**Extracted data**
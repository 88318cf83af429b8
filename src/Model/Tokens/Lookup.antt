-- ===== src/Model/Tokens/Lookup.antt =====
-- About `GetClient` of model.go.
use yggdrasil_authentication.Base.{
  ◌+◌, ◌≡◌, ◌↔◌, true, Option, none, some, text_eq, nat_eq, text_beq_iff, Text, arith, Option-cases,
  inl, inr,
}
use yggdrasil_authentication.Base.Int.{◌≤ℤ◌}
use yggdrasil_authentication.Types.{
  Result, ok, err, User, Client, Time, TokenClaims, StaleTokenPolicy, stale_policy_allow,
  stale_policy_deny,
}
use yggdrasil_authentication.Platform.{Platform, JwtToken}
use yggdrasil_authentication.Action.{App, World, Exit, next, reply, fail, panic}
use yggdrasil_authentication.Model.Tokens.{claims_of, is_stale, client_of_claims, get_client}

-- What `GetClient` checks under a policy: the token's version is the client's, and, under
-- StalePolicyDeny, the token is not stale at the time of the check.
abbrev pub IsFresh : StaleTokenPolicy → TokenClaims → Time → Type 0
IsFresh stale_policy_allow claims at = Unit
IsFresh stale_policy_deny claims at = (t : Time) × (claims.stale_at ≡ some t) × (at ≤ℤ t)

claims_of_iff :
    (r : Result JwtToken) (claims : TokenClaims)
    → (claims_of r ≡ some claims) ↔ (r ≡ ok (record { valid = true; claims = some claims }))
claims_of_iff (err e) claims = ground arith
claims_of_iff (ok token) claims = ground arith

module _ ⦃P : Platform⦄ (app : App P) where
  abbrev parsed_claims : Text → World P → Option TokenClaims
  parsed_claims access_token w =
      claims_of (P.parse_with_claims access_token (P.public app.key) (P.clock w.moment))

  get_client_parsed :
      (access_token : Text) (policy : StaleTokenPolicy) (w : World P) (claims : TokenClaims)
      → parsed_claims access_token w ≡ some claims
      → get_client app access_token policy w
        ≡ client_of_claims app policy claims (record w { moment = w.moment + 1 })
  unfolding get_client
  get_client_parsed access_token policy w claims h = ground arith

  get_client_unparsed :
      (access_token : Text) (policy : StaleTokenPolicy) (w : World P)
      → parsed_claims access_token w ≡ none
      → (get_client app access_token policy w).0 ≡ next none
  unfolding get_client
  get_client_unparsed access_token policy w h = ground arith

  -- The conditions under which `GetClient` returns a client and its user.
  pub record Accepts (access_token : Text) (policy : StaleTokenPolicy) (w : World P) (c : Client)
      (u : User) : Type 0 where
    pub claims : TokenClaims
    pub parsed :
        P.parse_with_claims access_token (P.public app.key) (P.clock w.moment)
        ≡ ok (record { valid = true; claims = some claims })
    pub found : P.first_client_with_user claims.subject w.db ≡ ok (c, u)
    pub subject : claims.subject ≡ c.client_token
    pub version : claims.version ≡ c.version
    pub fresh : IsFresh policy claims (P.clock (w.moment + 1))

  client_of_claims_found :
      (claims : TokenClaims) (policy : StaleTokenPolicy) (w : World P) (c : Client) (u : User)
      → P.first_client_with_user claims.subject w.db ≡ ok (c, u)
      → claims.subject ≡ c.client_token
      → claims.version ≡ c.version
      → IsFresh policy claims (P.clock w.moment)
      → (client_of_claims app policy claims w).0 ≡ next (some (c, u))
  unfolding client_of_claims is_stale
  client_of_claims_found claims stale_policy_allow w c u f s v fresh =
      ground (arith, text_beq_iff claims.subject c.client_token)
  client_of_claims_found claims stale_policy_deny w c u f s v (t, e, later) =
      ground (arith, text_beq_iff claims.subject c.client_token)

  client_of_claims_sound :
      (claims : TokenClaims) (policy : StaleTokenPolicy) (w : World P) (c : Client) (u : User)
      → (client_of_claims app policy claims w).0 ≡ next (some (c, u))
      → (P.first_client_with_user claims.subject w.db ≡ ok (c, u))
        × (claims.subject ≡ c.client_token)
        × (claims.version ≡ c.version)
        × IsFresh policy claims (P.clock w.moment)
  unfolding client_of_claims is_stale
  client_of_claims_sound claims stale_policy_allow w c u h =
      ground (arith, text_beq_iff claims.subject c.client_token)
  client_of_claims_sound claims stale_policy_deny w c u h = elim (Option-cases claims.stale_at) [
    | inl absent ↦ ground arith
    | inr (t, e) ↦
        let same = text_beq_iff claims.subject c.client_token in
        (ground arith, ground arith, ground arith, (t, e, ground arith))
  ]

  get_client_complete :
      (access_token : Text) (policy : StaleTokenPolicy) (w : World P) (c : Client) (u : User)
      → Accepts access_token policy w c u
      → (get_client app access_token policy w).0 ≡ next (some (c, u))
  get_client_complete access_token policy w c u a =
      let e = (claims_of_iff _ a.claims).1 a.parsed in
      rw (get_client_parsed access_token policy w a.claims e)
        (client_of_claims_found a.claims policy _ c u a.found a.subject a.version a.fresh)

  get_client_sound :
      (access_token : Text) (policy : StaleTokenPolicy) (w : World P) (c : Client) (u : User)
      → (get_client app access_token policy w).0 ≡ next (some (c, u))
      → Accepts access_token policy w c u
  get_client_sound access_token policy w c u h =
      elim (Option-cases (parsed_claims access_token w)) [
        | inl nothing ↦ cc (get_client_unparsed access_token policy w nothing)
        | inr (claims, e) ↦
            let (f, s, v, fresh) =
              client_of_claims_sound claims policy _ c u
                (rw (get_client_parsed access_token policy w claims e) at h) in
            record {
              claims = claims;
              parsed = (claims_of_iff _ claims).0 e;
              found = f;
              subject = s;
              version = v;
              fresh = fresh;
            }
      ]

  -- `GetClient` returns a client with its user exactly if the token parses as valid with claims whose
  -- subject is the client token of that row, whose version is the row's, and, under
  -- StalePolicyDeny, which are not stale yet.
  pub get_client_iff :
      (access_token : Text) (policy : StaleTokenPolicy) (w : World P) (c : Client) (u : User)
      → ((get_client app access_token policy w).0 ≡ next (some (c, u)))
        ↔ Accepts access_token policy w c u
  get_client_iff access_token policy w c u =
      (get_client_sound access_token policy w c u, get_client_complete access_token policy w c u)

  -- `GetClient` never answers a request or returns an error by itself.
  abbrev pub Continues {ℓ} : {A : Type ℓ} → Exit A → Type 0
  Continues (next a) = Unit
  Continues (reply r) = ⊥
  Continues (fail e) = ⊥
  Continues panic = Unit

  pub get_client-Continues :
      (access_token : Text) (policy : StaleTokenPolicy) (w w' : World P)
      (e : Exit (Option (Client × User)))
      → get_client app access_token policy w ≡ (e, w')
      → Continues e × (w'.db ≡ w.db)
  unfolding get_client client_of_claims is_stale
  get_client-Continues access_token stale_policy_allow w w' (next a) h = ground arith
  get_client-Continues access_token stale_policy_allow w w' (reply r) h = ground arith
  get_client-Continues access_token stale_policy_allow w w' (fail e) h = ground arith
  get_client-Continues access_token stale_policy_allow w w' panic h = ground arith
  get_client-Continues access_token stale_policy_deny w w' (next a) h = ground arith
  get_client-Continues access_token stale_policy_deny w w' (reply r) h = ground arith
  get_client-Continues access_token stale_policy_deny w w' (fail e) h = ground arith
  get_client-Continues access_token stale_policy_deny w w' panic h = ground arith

**Your instructions**
Using the entries above, please restate each one word for word.

**Answer space**
repository 88318cf83af429b8
filename src/Model/Tokens/Lookup.antt
-- ===== src/Model/Tokens/Lookup.antt =====
-- About `GetClient` of model.go.
use yggdrasil_authentication.Base.{
  ◌+◌, ◌≡◌, ◌↔◌, true, Option, none, some, text_eq, nat_eq, text_beq_iff, Text, arith, Option-cases,
  inl, inr,
}
use yggdrasil_authentication.Base.Int.{◌≤ℤ◌}
use yggdrasil_authentication.Types.{
  Result, ok, err, User, Client, Time, TokenClaims, StaleTokenPolicy, stale_policy_allow,
  stale_policy_deny,
}
use yggdrasil_authentication.Platform.{Platform, JwtToken}
use yggdrasil_authentication.Action.{App, World, Exit, next, reply, fail, panic}
use yggdrasil_authentication.Model.Tokens.{claims_of, is_stale, client_of_claims, get_client}

-- What `GetClient` checks under a policy: the token's version is the client's, and, under
-- StalePolicyDeny, the token is not stale at the time of the check.
abbrev pub IsFresh : StaleTokenPolicy → TokenClaims → Time → Type 0
IsFresh stale_policy_allow claims at = Unit
IsFresh stale_policy_deny claims at = (t : Time) × (claims.stale_at ≡ some t) × (at ≤ℤ t)

claims_of_iff :
    (r : Result JwtToken) (claims : TokenClaims)
    → (claims_of r ≡ some claims) ↔ (r ≡ ok (record { valid = true; claims = some claims }))
claims_of_iff (err e) claims = ground arith
claims_of_iff (ok token) claims = ground arith

module _ ⦃P : Platform⦄ (app : App P) where
  abbrev parsed_claims : Text → World P → Option TokenClaims
  parsed_claims access_token w =
      claims_of (P.parse_with_claims access_token (P.public app.key) (P.clock w.moment))

  get_client_parsed :
      (access_token : Text) (policy : StaleTokenPolicy) (w : World P) (claims : TokenClaims)
      → parsed_claims access_token w ≡ some claims
      → get_client app access_token policy w
        ≡ client_of_claims app policy claims (record w { moment = w.moment + 1 })
  unfolding get_client
  get_client_parsed access_token policy w claims h = ground arith

  get_client_unparsed :
      (access_token : Text) (policy : StaleTokenPolicy) (w : World P)
      → parsed_claims access_token w ≡ none
      → (get_client app access_token policy w).0 ≡ next none
  unfolding get_client
  get_client_unparsed access_token policy w h = ground arith

  -- The conditions under which `GetClient` returns a client and its user.
  pub record Accepts (access_token : Text) (policy : StaleTokenPolicy) (w : World P) (c : Client)
      (u : User) : Type 0 where
    pub claims : TokenClaims
    pub parsed :
        P.parse_with_claims access_token (P.public app.key) (P.clock w.moment)
        ≡ ok (record { valid = true; claims = some claims })
    pub found : P.first_client_with_user claims.subject w.db ≡ ok (c, u)
    pub subject : claims.subject ≡ c.client_token
    pub version : claims.version ≡ c.version
    pub fresh : IsFresh policy claims (P.clock (w.moment + 1))

  client_of_claims_found :
      (claims : TokenClaims) (policy : StaleTokenPolicy) (w : World P) (c : Client) (u : User)
      → P.first_client_with_user claims.subject w.db ≡ ok (c, u)
      → claims.subject ≡ c.client_token
      → claims.version ≡ c.version
      → IsFresh policy claims (P.clock w.moment)
      → (client_of_claims app policy claims w).0 ≡ next (some (c, u))
  unfolding client_of_claims is_stale
  client_of_claims_found claims stale_policy_allow w c u f s v fresh =
      ground (arith, text_beq_iff claims.subject c.client_token)
  client_of_claims_found claims stale_policy_deny w c u f s v (t, e, later) =
      ground (arith, text_beq_iff claims.subject c.client_token)

  client_of_claims_sound :
      (claims : TokenClaims) (policy : StaleTokenPolicy) (w : World P) (c : Client) (u : User)
      → (client_of_claims app policy claims w).0 ≡ next (some (c, u))
      → (P.first_client_with_user claims.subject w.db ≡ ok (c, u))
        × (claims.subject ≡ c.client_token)
        × (claims.version ≡ c.version)
        × IsFresh policy claims (P.clock w.moment)
  unfolding client_of_claims is_stale
  client_of_claims_sound claims stale_policy_allow w c u h =
      ground (arith, text_beq_iff claims.subject c.client_token)
  client_of_claims_sound claims stale_policy_deny w c u h = elim (Option-cases claims.stale_at) [
    | inl absent ↦ ground arith
    | inr (t, e) ↦
        let same = text_beq_iff claims.subject c.client_token in
        (ground arith, ground arith, ground arith, (t, e, ground arith))
  ]

  get_client_complete :
      (access_token : Text) (policy : StaleTokenPolicy) (w : World P) (c : Client) (u : User)
      → Accepts access_token policy w c u
      → (get_client app access_token policy w).0 ≡ next (some (c, u))
  get_client_complete access_token policy w c u a =
      let e = (claims_of_iff _ a.claims).1 a.parsed in
      rw (get_client_parsed access_token policy w a.claims e)
        (client_of_claims_found a.claims policy _ c u a.found a.subject a.version a.fresh)

  get_client_sound :
      (access_token : Text) (policy : StaleTokenPolicy) (w : World P) (c : Client) (u : User)
      → (get_client app access_token policy w).0 ≡ next (some (c, u))
      → Accepts access_token policy w c u
  get_client_sound access_token policy w c u h =
      elim (Option-cases (parsed_claims access_token w)) [
        | inl nothing ↦ cc (get_client_unparsed access_token policy w nothing)
        | inr (claims, e) ↦
            let (f, s, v, fresh) =
              client_of_claims_sound claims policy _ c u
                (rw (get_client_parsed access_token policy w claims e) at h) in
            record {
              claims = claims;
              parsed = (claims_of_iff _ claims).0 e;
              found = f;
              subject = s;
              version = v;
              fresh = fresh;
            }
      ]

  -- `GetClient` returns a client with its user exactly if the token parses as valid with claims whose
  -- subject is the client token of that row, whose version is the row's, and, under
  -- StalePolicyDeny, which are not stale yet.
  pub get_client_iff :
      (access_token : Text) (policy : StaleTokenPolicy) (w : World P) (c : Client) (u : User)
      → ((get_client app access_token policy w).0 ≡ next (some (c, u)))
        ↔ Accepts access_token policy w c u
  get_client_iff access_token policy w c u =
      (get_client_sound access_token policy w c u, get_client_complete access_token policy w c u)

  -- `GetClient` never answers a request or returns an error by itself.
  abbrev pub Continues {ℓ} : {A : Type ℓ} → Exit A → Type 0
  Continues (next a) = Unit
  Continues (reply r) = ⊥
  Continues (fail e) = ⊥
  Continues panic = Unit

  pub get_client-Continues :
      (access_token : Text) (policy : StaleTokenPolicy) (w w' : World P)
      (e : Exit (Option (Client × User)))
      → get_client app access_token policy w ≡ (e, w')
      → Continues e × (w'.db ≡ w.db)
  unfolding get_client client_of_claims is_stale
  get_client-Continues access_token stale_policy_allow w w' (next a) h = ground arith
  get_client-Continues access_token stale_policy_allow w w' (reply r) h = ground arith
  get_client-Continues access_token stale_policy_allow w w' (fail e) h = ground arith
  get_client-Continues access_token stale_policy_allow w w' panic h = ground arith
  get_client-Continues access_token stale_policy_deny w w' (next a) h = ground arith
  get_client-Continues access_token stale_policy_deny w w' (reply r) h = ground arith
  get_client-Continues access_token stale_policy_deny w w' (fail e) h = ground arith
  get_client-Continues access_token stale_policy_deny w w' panic h = ground arith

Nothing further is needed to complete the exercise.